What is my daughter's future?
What do we admire in the literature of liberation and who are its loudest champions? I hear intellectuals elevating it again and for good reason - liberation from the state, class, economic repression, the individual at the heart of it, a hero.

And where does women's writing sit in the literature of liberation? It links democracies and oligarchies as well as distancing itself in the language it uses, the metaphorical landscape it paints. Liberation movements always create new aesthetics.

When I read poems of resistance, listen to the songs, I hear that the real struggles start in the home, classroom, workplace. They begin with how people treat one another, how they listen (or don't) to one another. They begin with how each of us feels taking the kids to school, growing vegetables, wandering into a cafe, cleaning the kitchen floor.
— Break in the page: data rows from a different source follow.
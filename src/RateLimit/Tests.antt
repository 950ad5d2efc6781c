-- ===== src/RateLimit/Tests.antt =====
-- The rate limit at concrete inputs.
use over_vpn.Base.{ℕ, ◌≡◌, ◌≤◌, refl, arith, List, [], ◌∷◌, none, Text, codes}
use over_vpn.RateLimit.{passed, counter_at, ip_key_of}
use over_vpn.RateLimit.Window.{passed_le_limit}

abbrev plain : Text → Text
plain t = t

abbrev requests : List (ℕ × Text)
requests = (105, codes "t") ∷ (110, codes "u") ∷ (109, codes "t") ∷ []

two_pass : passed plain 2 5 1000 (codes "i") ((100, codes "t") ∷ requests) [] ≡ 2
unfolding passed over_vpn.RateLimit.consume over_vpn.RateLimit.run_script over_vpn.RateLimit.hit
    over_vpn.RateLimit.live over_vpn.Base.get over_vpn.Base.put over_vpn.Base.text_eq
two_pass = refl

-- After the window the address may pass again.
next_window :
    passed plain 1 5 10 (codes "i") ((100, codes "t") ∷ (105, codes "t") ∷ (110, codes "t") ∷ []) []
    ≡ 2
unfolding passed over_vpn.RateLimit.consume over_vpn.RateLimit.run_script over_vpn.RateLimit.hit
    over_vpn.RateLimit.live over_vpn.Base.get over_vpn.Base.put over_vpn.Base.text_eq
next_window = refl

fresh : counter_at 100 (ip_key_of plain (codes "i")) [] ≡ none
unfolding over_vpn.RateLimit.live over_vpn.Base.get
fresh = refl

passed_le_limit_example : passed plain 2 5 1000 (codes "i") ((100, codes "t") ∷ requests) [] ≤ 2
passed_le_limit_example =
    passed_le_limit plain 2 5 1000 (codes "i") 100 (codes "t") requests [] fresh
      (omega arith, (omega arith, (omega arith, tt)))
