-- ===== src/UserDomain/Tests.antt =====
-- Dates, statuses and resets at concrete inputs.
use over_vpn.Base.{ℕ, ◌+◌, ◌*◌, ◌≤◌, ◌<◌, ◌≡◌, ◌↔◌, refl, arith, none, some, pos, false}
use over_vpn.Schema.{active, expired, limited, device, monthly, yearly}
use over_vpn.Calendar.{Civil, civil, utc, day_ms}
use over_vpn.UserDomain.{UserState, normalize_user_status, calculate_next_reset_at}
use over_vpn.UserDomain.Reset.{InSamePeriod, next_reset_iff}

-- 2024-02-29 12:00 UTC.
abbrev leap_noon : ℕ
leap_noon = 1709208000000

abbrev leap_day : Civil
leap_day = record { year = 54; month = 1; day = 28 }

leap_civil : civil leap_noon ≡ leap_day
unfolding civil over_vpn.Calendar.Walk.walk
leap_civil = refl

monthly_reset : calculate_next_reset_at monthly leap_noon ≡ some 1709251200000
unfolding calculate_next_reset_at utc over_vpn.Calendar.Walk.before civil
    over_vpn.Calendar.Walk.walk
monthly_reset = refl

december_reset : calculate_next_reset_at monthly 1735603200000 ≡ some 1735689600000
unfolding calculate_next_reset_at utc over_vpn.Calendar.Walk.before civil
    over_vpn.Calendar.Walk.walk
december_reset = refl

yearly_reset : calculate_next_reset_at yearly leap_noon ≡ some 1735689600000
unfolding calculate_next_reset_at utc over_vpn.Calendar.Walk.before civil
    over_vpn.Calendar.Walk.walk
yearly_reset = refl

abbrev used_up : UserState
used_up = record {
  expire_at = some 5;
  data_limit_bytes = some (pos 10);
  used_upload_bytes = pos 4;
  used_download_bytes = pos 6;
}

over_quota : (normalize_user_status used_up none none 4).status ≡ limited
unfolding normalize_user_status over_vpn.Base.◌+ℤ◌
over_quota = refl

over_time : (normalize_user_status used_up (some active) none 5).status ≡ expired
unfolding normalize_user_status
over_time = refl

kept_reason :
    (normalize_user_status used_up (some limited) (some device) 5).status_reason ≡ some device
unfolding normalize_user_status
kept_reason = refl

next_reset_iff_example :
    (1709251199999 < 1709251200000) ↔ InSamePeriod monthly leap_noon 1709251199999
next_reset_iff_example =
    next_reset_iff monthly leap_noon 1709251200000 1709251199999 monthly_reset (omega arith)
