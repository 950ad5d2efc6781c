-- ===== src/Users.antt =====
-- apps/api/src/users/users.service.ts: the rows, plans and errors of the operations by which
-- administrators change users, and what these operations share. A transaction that throws changes
-- nothing. The audit, the texts of dates and numbers in requests, and the reading operations are
-- left out.
pub mod Save
pub mod Bulk
pub mod Outcomes
pub mod Status
pub mod Operations
pub mod Assigned
pub mod Waiting
pub mod Retries
pub mod Settled
mod Tests
use over_vpn.Base.{
  ℕ, zero, suc, ◌+◌, ◌*◌, ◌==◌, Bool, true, false, not, ◌&&◌, ◌||◌, List, [], ◌∷◌, ◌++◌, map, any,
  Option, none, some, Text, text_eq, if◌then◌else◌, Result, ok, throw, ◌>>=◌, ℤ,
}
use over_vpn.Schema.{User, UserStatus, UserStatusReason, ResetStrategy}
use over_vpn.UserDomain.{NormalizedUserStatus}
use over_vpn.CoreApply.{UserMark, InboundMark}
use over_vpn.PlanSync.{
  Assignment, DesiredRevision, PlanInbound, SyncError, sync_user, plan_inbound_ids,
}

-- A row of the users, with the columns that the workers do not read.
pub record Account : Type 0 where
  pub user : User
  pub identity : Text
  pub note : Option Text
  pub tags : List Text
  pub ip_limit : Option ℤ
  pub speed_limit_bps : Option ℤ
  pub sub_token : Text
  pub plan_id : Option Text

pub data PlanStatus : Type 0 where
  active archived : PlanStatus

pub record Plan : Type 0 where
  pub id : Text
  pub status : PlanStatus
  pub default_data_limit_bytes : Option ℤ
  pub default_expiry_days : Option ℕ
  pub default_device_limit : Option ℤ
  pub default_speed_limit_bps : Option ℤ
  pub default_reset_strategy : ResetStrategy

-- A change that waits for the cores: the operation and the user.
pub record PendingChange : Type 0 where
  pub operation : Text
  pub resource_id : Text

pub record Db : Type 0 where
  pub accounts : List Account
  pub plans : List Plan
  pub plan_inbounds : List PlanInbound
  pub inbounds : List InboundMark
  pub assignments : List Assignment
  pub desired : List DesiredRevision
  pub pending : List PendingChange

-- What a transaction throws: an exception of the API, or a violated constraint.
pub data Failure : Type 0 where
  not_found plan_archived unique_constraint internal_error : Failure
  sub_token_taken name_taken : Failure
  sync_failed : SyncError → Failure

-- `isSubTokenCollision`.
abbrev pub is_collision : Failure → Bool
is_collision sub_token_taken = true
is_collision _ = false

-- `mapMutationError`.
abbrev pub map_mutation_error : Failure → Failure
map_mutation_error sub_token_taken = unique_constraint
map_mutation_error name_taken = unique_constraint
map_mutation_error other = other

-- After an attempt: one that meets a taken token is made again, while attempts are left.
abbrev pub after_attempt :
    {A : Type 0} → Result Failure A → Bool → Result Failure A → Result Failure A
after_attempt (ok a) more rest = ok a
after_attempt (throw e) more rest = if is_collision e && more then rest else throw e

unfoldable pub retry : {A : Type 0} → ℕ → ℕ → (ℕ → Result Failure A) → Result Failure A
retry zero n attempt = throw internal_error
retry (suc left) n attempt =
    after_attempt (attempt n) (not (left == 0)) (retry left (suc n) attempt)

-- A field of a request that may be absent, null or a value, over what holds where it is absent.
abbrev pub given {ℓ} : {A : Type ℓ} → Option A → A → A
given none fallback = fallback
given (some v) fallback = v

-- What a plan sets, over what holds without one.
abbrev pub planned {ℓ} : {A : Type ℓ} → Option Plan → (Plan → A) → A → A
planned none f fallback = fallback
planned (some plan) f fallback = f plan

abbrev pub days_after : ℕ → Option ℕ → Option ℕ
days_after now none = none
days_after now (some days) = if days == 0 then none else some (now + days * 24 * 60 * 60 * 1000)

-- `resolveExpiry`.
abbrev pub resolve_expiry : Option (Option ℕ) → Option ℕ → ℕ → Option ℕ
resolve_expiry input days now = given input (days_after now days)

abbrev pub plan_of : Text → List Plan → Option Plan
plan_of id [] = none
plan_of id (p ∷ ps) = if text_eq p.id id then some p else plan_of id ps

abbrev pub usable : Option Plan → Result Failure (Option Plan)
usable none = throw not_found
usable (some plan) = elim plan.status [ active ↦ ok (some plan) | archived ↦ throw plan_archived ]

-- `resolvePlan`.
abbrev pub resolve_plan : Option Text → List Plan → Result Failure (Option Plan)
resolve_plan none plans = ok none
resolve_plan (some id) plans = usable (plan_of id plans)

-- The hold that is left beside a new status.
abbrev pub hold_beside : NormalizedUserStatus → Option ℕ → Option ℕ
hold_beside n hold = elim n.status [
  | UserStatus.active ↦ none
  | UserStatus.expired ↦ none
  | UserStatus.disabled ↦ none
  | UserStatus.limited ↦ elim n.status_reason [ some UserStatusReason.quota ↦ none | _ ↦ hold ]
]

abbrev pub with_status : NormalizedUserStatus → User → User
with_status n u = record u {
  status = n.status;
  status_reason = n.status_reason;
  disabled_at = n.disabled_at;
}

-- `needsApply: true, revision: { increment: 1 }`.
abbrev pub marked : Account → Account
marked a = record a { user = record a.user { needs_apply = true; revision = a.user.revision + 1 } }

abbrev pub is_live : Text → Account → Bool
is_live id a = text_eq a.user.id id && elim a.user.deleted_at [ none ↦ true | some at ↦ false ]

-- The row of an id that is not deleted.
abbrev pub find_live : Text → List Account → Result Failure Account
find_live id [] = throw not_found
find_live id (a ∷ rest) = if is_live id a then ok a else find_live id rest

-- `update` of the row of an id.
abbrev pub write : Text → (Account → Account) → List Account → List Account
write id f = map λ a. if text_eq a.user.id id then f a else a

-- Another row has the name, the identity or the token.
abbrev pub name_clashes : Text → Text → Text → Account → Bool
name_clashes id username identity a =
    not (text_eq a.user.id id) && (text_eq a.user.username username || text_eq a.identity identity)

abbrev pub token_clashes : Text → Text → Account → Bool
token_clashes id token a = not (text_eq a.user.id id) && text_eq a.sub_token token

-- The unique columns of the table.
abbrev pub check_unique : Account → List Account → Result {0, 0} Failure Unit
check_unique a rows =
    if any (name_clashes a.user.id a.user.username a.identity) rows
    then throw name_taken
    else if any (token_clashes a.user.id a.sub_token) rows
    then throw sub_token_taken
    else ok tt

abbrev pub record_pending : Text → Text → Db → Db
record_pending operation id db = record db {
  pending = db.pending ++ record { operation = operation; resource_id = id } ∷ [];
}

abbrev pub mark_of : Account → UserMark
mark_of a = record { id = a.user.id; revision = a.user.revision; needs_apply = a.user.needs_apply }

abbrev pub with_mark : List UserMark → Account → Account
with_mark [] a = a
with_mark (m ∷ ms) a =
    if text_eq m.id a.user.id
    then record a { user = record a.user { revision = m.revision; needs_apply = m.needs_apply } }
    else with_mark ms a

abbrev pub sync_db : Db → over_vpn.PlanSync.Db
sync_db db = record {
  assignments = db.assignments;
  marks = record { users = map mark_of db.accounts; inbounds = db.inbounds };
  desired = db.desired;
}

abbrev pub with_sync : over_vpn.PlanSync.Db → Db → Db
with_sync after db = record db {
  accounts = map (with_mark after.marks.users) db.accounts;
  inbounds = after.marks.inbounds;
  assignments = after.assignments;
  desired = after.desired;
}

abbrev pub synced : Result SyncError over_vpn.PlanSync.Db → Db → Result Failure Db
synced (throw e) db = throw (sync_failed e)
synced (ok after) db = ok (with_sync after db)

-- The inbounds of a plan, or none.
abbrev pub inbounds_of : Option Plan → List PlanInbound → List Text
inbounds_of none rows = []
inbounds_of (some plan) rows = plan_inbound_ids plan.id rows

module _ (credential : Text → InboundMark → Result SyncError Text) (fresh_id : Text → Text → Text)
    (now : ℕ) where
  -- `syncUserToInboundIds` in the transaction of an operation.
  unfoldable pub assign : Text → List Text → Db → Result Failure Db
  assign id ids db = synced (sync_user id now (credential id) (fresh_id id) ids (sync_db db)) db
A woman, though, wherever she lives in the world is more likely to be paid less than a man, less likely to receive respect for her work. She is more likely to be beaten at home for just being a women. She is excluded from meetings, from stages, from newspapers and magazines by the very intellectuals who debate liberation theory because her language does not fit and her metaphors disgust or discomfort them.

Some of the so-called revolutionaries - in awe of revolutionaries of the past and worldwide - are actively resisting the most basic rules of freedom: equality at home, at school, at work...wherever people are because they do not want to hand over power to women. It is a theme some of the African continent's most impressive writers have focused on for years: Nawal El Saadawi, Buchi Emecheta, Mariama Ba, Ama Ata Aidoo. Equality means the same numbers of women on those stages, in those pages....etc etc

"Then that little man in black there, he says women can't have as much rights as men, because Christ wasn't a woman! Where did your Christ come from? Where did your Christ come from? From God and a woman! Men had nothing to do with Him," said Sojourner Truth in 1851.
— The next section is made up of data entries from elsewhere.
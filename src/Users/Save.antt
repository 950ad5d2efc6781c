-- ===== src/Users/Save.antt =====
-- `create`, `update`, `remove` and `rotateSubscription` of apps/api/src/users/users.service.ts.
use over_vpn.Base.{
  ℕ, true, ◌||◌, List, [], ◌∷◌, ◌++◌, Option, none, some, is_some, Text, codes, if◌then◌else◌,
  Result, ok, throw, ◌>>=◌, ℤ, pos, ◌+◌,
}
use over_vpn.Schema.{UserStatus, UserStatusReason, ResetStrategy, no_reset}
use over_vpn.UserDomain.{normalize_user_status, calculate_next_reset_at}
use over_vpn.CoreApply.{InboundMark}
use over_vpn.PlanSync.{SyncError, unique}
use over_vpn.Users.{
  Account, Plan, Db, Failure, internal_error, is_collision, map_mutation_error, retry, given,
  planned, days_after, resolve_expiry, resolve_plan, hold_beside, with_status, find_live, write,
  check_unique, record_pending, assign, inbounds_of,
}

-- `userLimitsSchema`.
pub record UserLimits : Type 0 where
  pub expire_at : Option (Option ℕ)
  pub data_limit_bytes : Option (Option ℤ)
  pub reset_strategy : Option ResetStrategy
  pub next_reset_at : Option (Option ℕ)
  pub device_limit : Option (Option ℤ)
  pub ip_limit : Option (Option ℤ)
  pub speed_limit_bps : Option (Option ℤ)

pub record CreateUser : Type 0 where
  pub identity : Option Text
  pub username : Text
  pub status : UserStatus
  pub status_reason : Option UserStatusReason
  pub note : Option Text
  pub tags : List Text
  pub plan_id : Option Text
  pub limits : UserLimits

pub record UpdateUser : Type 0 where
  pub identity : Option Text
  pub username : Option Text
  pub status : Option UserStatus
  pub status_reason : Option UserStatusReason
  pub note : Option (Option Text)
  pub tags : Option (List Text)
  pub plan_id : Option (Option Text)
  pub limits : UserLimits

-- What an attempt to create draws: the id, the token, and the time.
pub record Draw : Type 0 where
  pub id : Text
  pub token : Text
  pub now : ℕ

abbrev pub mapped : {A : Type 0} → Result Failure A → Result Failure A
mapped (ok a) = ok a
mapped (throw e) = throw (map_mutation_error e)

-- The row of a new user.
abbrev pub new_account : CreateUser → Option Plan → Draw → Account
new_account input plan d =
    let expire_at =
      resolve_expiry input.limits.expire_at (planned plan (λ p. p.default_expiry_days) none)
        d.now in
    let data_limit =
      given input.limits.data_limit_bytes (planned plan (λ p. p.default_data_limit_bytes) none) in
    let strategy =
      given input.limits.reset_strategy (planned plan (λ p. p.default_reset_strategy) no_reset) in
    let n =
      normalize_user_status
        (record {
          expire_at = expire_at;
          data_limit_bytes = data_limit;
          used_upload_bytes = pos 0;
          used_download_bytes = pos 0;
        })
        (some input.status) input.status_reason d.now in
    record {
      user = record {
        id = d.id;
        username = input.username;
        status = n.status;
        status_reason = n.status_reason;
        expire_at = expire_at;
        data_limit_bytes = data_limit;
        used_upload_bytes = pos 0;
        used_download_bytes = pos 0;
        accounting_epoch = pos 0;
        traffic_reset_at = none;
        reset_strategy = strategy;
        next_reset_at = given input.limits.next_reset_at (calculate_next_reset_at strategy d.now);
        device_limit =
            given input.limits.device_limit (planned plan (λ p. p.default_device_limit) none);
        identity_limit_hold_until = none;
        needs_apply = true;
        revision = 1;
        disabled_at = n.disabled_at;
        deleted_at = none;
      };
      identity = given input.identity input.username;
      note = input.note;
      tags = unique input.tags;
      ip_limit = given input.limits.ip_limit none;
      speed_limit_bps =
          given input.limits.speed_limit_bps (planned plan (λ p. p.default_speed_limit_bps) none);
      sub_token = d.token;
      plan_id = planned plan (λ p. some p.id) none;
    }

-- The row of a user that an administrator edits; `plan` is the plan that the edit applies.
abbrev pub edited : UpdateUser → Option Plan → ℕ → Account → Account
edited input plan now a =
    let u = a.user in
    let expire_at =
      given input.limits.expire_at
        (planned plan (λ p. days_after now p.default_expiry_days) u.expire_at) in
    let data_limit =
      given input.limits.data_limit_bytes
        (planned plan (λ p. p.default_data_limit_bytes) u.data_limit_bytes) in
    let strategy =
      given input.limits.reset_strategy
        (planned plan (λ p. p.default_reset_strategy) u.reset_strategy) in
    let n =
      normalize_user_status
        (record {
          expire_at = expire_at;
          data_limit_bytes = data_limit;
          used_upload_bytes = u.used_upload_bytes;
          used_download_bytes = u.used_download_bytes;
        })
        (some (given input.status u.status))
        (elim input.status_reason [ none ↦ u.status_reason | some r ↦ some r ]) now in
    record a {
      user = record (with_status n u) {
        username = given input.username u.username;
        expire_at = expire_at;
        data_limit_bytes = data_limit;
        reset_strategy = strategy;
        next_reset_at = given input.limits.next_reset_at (
            if is_some input.limits.reset_strategy || is_some plan
            then calculate_next_reset_at strategy now
            else u.next_reset_at);
        device_limit =
            given input.limits.device_limit
              (planned plan (λ p. p.default_device_limit) u.device_limit);
        identity_limit_hold_until = hold_beside n u.identity_limit_hold_until;
        needs_apply = true;
        revision = u.revision + 1;
      };
      identity = given input.identity a.identity;
      note = given input.note a.note;
      tags = elim input.tags [ none ↦ a.tags | some tags ↦ unique tags ];
      ip_limit = given input.limits.ip_limit (planned plan (λ p. none) a.ip_limit);
      speed_limit_bps =
          given input.limits.speed_limit_bps
            (planned plan (λ p. p.default_speed_limit_bps) a.speed_limit_bps);
      plan_id = given input.plan_id a.plan_id;
    }

abbrev pub removed : ℕ → Account → Account
removed now a = record a {
  user = record a.user {
    deleted_at = some now;
    disabled_at = some now;
    status = UserStatus.disabled;
    status_reason = some UserStatusReason.manual;
    needs_apply = true;
    revision = a.user.revision + 1;
  };
}

-- The changed row takes the place of the old one, if the unique columns allow it.
abbrev pub replace_account : Account → Account → Db → Result Failure Db
replace_account old new db = check_unique new db.accounts >>= λ unique.
    ok (record db { accounts = write old.user.id (λ a. new) db.accounts })

-- `resolvePlan` where the request names a plan or none.
abbrev pub plan_in : Option (Option Text) → List Plan → Result Failure (Option Plan)
plan_in none plans = ok none
plan_in (some id) plans = resolve_plan id plans

-- `remove`.
unfoldable pub remove : Text → ℕ → Db → Result Failure Db
remove id now db = mapped (
    find_live id db.accounts >>= λ a.
    replace_account a (removed now a) db >>= λ after. ok (record_pending (codes "delete") id after))

abbrev pub with_token : Text → Account → Account
with_token token a = record a { sub_token = token }

-- The error of a rotation that met taken tokens only.
abbrev pub rotation_error : Failure → Failure
rotation_error e = if is_collision e then internal_error else map_mutation_error e

-- `rotateSubscription` with the token that each attempt draws.
unfoldable pub rotate_subscription : Text → (ℕ → Text) → Db → Result Failure Db
rotate_subscription id draw db =
    elim (retry 5 0
      λ n. find_live id db.accounts >>= λ a. replace_account a (with_token (draw n) a) db) [
        | ok after ↦ ok after
        | throw e ↦ throw (rotation_error e)
      ]

module _ (credential : Text → InboundMark → Result SyncError Text)
    (fresh_id : Text → Text → Text) where
  abbrev pub assign_plan : ℕ → Text → Option Plan → Db → Result Failure Db
  assign_plan now id none db = ok db
  assign_plan now id (some plan) db =
      assign credential fresh_id now id (inbounds_of (some plan) db.plan_inbounds) db

  -- The transaction of `create`.
  unfoldable pub create_once : CreateUser → Draw → Db → Result Failure (Account × Db)
  create_once input d db = resolve_plan input.plan_id db.plans >>= λ plan.
      check_unique (new_account input plan d) db.accounts >>= λ unique.
      assign_plan d.now d.id plan (
        record_pending (codes "create") d.id
          (record db { accounts = db.accounts ++ new_account input plan d ∷ [] }))
      >>= λ after. ok (new_account input plan d, after)

  -- `create`.
  unfoldable pub create : CreateUser → (ℕ → Draw) → Db → Result Failure (Account × Db)
  create input draw db = mapped (retry 5 0 (λ n. create_once input (draw n) db))

  abbrev pub assign_given : ℕ → Text → Option (Option Text) → Option Plan → Db → Result Failure Db
  assign_given now id none plan db = ok db
  assign_given now id (some named) plan db =
      assign credential fresh_id now id (inbounds_of plan db.plan_inbounds) db

  -- `update`.
  unfoldable pub update : Text → UpdateUser → ℕ → Db → Result Failure Db
  update id input now db = mapped (
      find_live id db.accounts >>= λ a. plan_in input.plan_id db.plans >>= λ plan.
      replace_account a (edited input plan now a) db >>= λ after.
      assign_given now id input.plan_id plan (record_pending (codes "update") id after))
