-- ===== src/Users/Assigned.antt =====
-- The assignments of a user after an edit that names a plan.
use mathlib.Core.Path.{subst}
use over_vpn.Base.{
  ℕ, true, false, List, Option, some, Text, text_eq, Result, ok, throw, bind-ok, codes, sym, ◌≡◌,
  ◌↔◌, refl,
}
use over_vpn.CoreApply.{InboundMark}
use over_vpn.CoreApply.Marks.Kept.{Member}
use over_vpn.PlanSync.{Assignment, SyncError, mem, sync_user}
use over_vpn.PlanSync.Enabled.{ActiveFor}
use over_vpn.PlanSync.Aligned.{sync_user_iff}
use over_vpn.Users.{
  Account, Plan, Db, Failure, find_live, write, record_pending, check_unique, synced, sync_db,
  assign, inbounds_of,
}
use over_vpn.Users.Save.{UpdateUser, mapped, edited, replace_account, plan_in, assign_given, update}

mapped-ok : {A : Type 0} (r : Result Failure A) (a : A) → mapped r ≡ ok a → r ≡ ok a
mapped-ok (throw e) a h = cc
mapped-ok (ok b) a h = h

synced-ok :
    (r : Result SyncError over_vpn.PlanSync.Db) (db db' : Db)
    → synced r db ≡ ok db'
    → (after : over_vpn.PlanSync.Db) × (r ≡ ok after) × (db'.assignments ≡ after.assignments)
synced-ok (throw e) db db' h = cc
synced-ok (ok after) db db' h = (after, refl, cc)

replaced-ok :
    (old new : Account) (db mid : Db)
    → replace_account old new db ≡ ok mid
    → record db { accounts = write old.user.id (λ a. new) db.accounts } ≡ mid
replaced-ok old new db mid h =
    let (unique, checked, same) = bind-ok (check_unique new db.accounts) _ h in cc

module _ (credential : Text → InboundMark → Result SyncError Text)
    (fresh_id : Text → Text → Text) where
  assign_iff :
      (now : ℕ) (id : Text) (ids : List Text) (db db' : Db) (i : Text)
      → assign credential fresh_id now id ids db ≡ ok db'
      → ((a b : Assignment)
          → Member a db.assignments
          → Member b db.assignments
          → text_eq a.id b.id ≡ true
          → a ≡ b)
      → ((i : Text) (c : Assignment)
          → Member c db.assignments
          → text_eq (fresh_id id i) c.id ≡ false)
      → ActiveFor id i db'.assignments ↔ (mem i ids ≡ true)
  unfolding assign
  assign_iff now id ids db db' i returned keyed unused =
      let (after, done, same) = synced-ok _ db db' returned in
      subst (λ rows. ActiveFor id i rows ↔ (mem i ids ≡ true)) (sym same)
        (sync_user_iff id now (credential id) (fresh_id id) ids (sync_db db) after i done keyed
          unused)

  -- Where the ids of the assignments are different and new ids are new, after an edit that names a
  -- plan or none and returns, a plan that is named exists and may be used, and the user has an
  -- active assignment to an inbound exactly when the inbound is one of that plan, and to no
  -- inbound where none is named.
  pub update_assigns :
      (id : Text) (input : UpdateUser) (now : ℕ) (db db' : Db) (named : Option Text) (i : Text)
      → input.plan_id ≡ some named
      → ((a b : Assignment)
          → Member a db.assignments
          → Member b db.assignments
          → text_eq a.id b.id ≡ true
          → a ≡ b)
      → ((i : Text) (c : Assignment)
          → Member c db.assignments
          → text_eq (fresh_id id i) c.id ≡ false)
      → update credential fresh_id id input now db ≡ ok db'
      → (plan : Option Plan) × (plan_in (some named) db.plans ≡ ok plan)
        × (ActiveFor id i db'.assignments ↔ (mem i (inbounds_of plan db.plan_inbounds) ≡ true))
  unfolding update
  update_assigns id input now db db' named i given keyed unused returned =
      let (a, found, r1) = bind-ok (find_live id db.accounts) _ (mapped-ok _ db' returned) in
      let (plan, resolved, r2) = bind-ok (plan_in input.plan_id db.plans) _ r1 in
      let (mid, written, r3) = bind-ok (replace_account a (edited input plan now a) db) _ r2 in
      let wrote : Db =
        record_pending (codes "update") id
          (record db { accounts = write a.user.id (λ b. edited input plan now a) db.accounts }) in
      let assigned =
        subst
          (λ m.
            assign_given credential fresh_id now id input.plan_id plan
              (record_pending (codes "update") id m)
            ≡ ok db')
          (sym (replaced-ok a (edited input plan now a) db mid written)) r3 in
      (
        plan,
        subst (λ p. plan_in p db.plans ≡ ok plan) given resolved,
        assign_iff now id (inbounds_of plan db.plan_inbounds) wrote db' i
            (subst (λ p. assign_given credential fresh_id now id p plan wrote ≡ ok db') given
              assigned)
            keyed unused,
      )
A new anthology of liberation writing by women in African countries was published last month. Domestic violence is a dominant theme in many of the stories, poems and essays - a landbridge if ever there was one to the UK and the US.

Abena P. A. Busia writes the introductory poem, “If we don’t tell our stories who will speak out for us, when we claim our bodies for ourselves and weep no more... If we don’t tell our stories, hailstones will continue to fall on our heads.”

African Women Writing Resistance An Anthology of Contemporary Voices published by Fahamu Books and Pambazuka Press.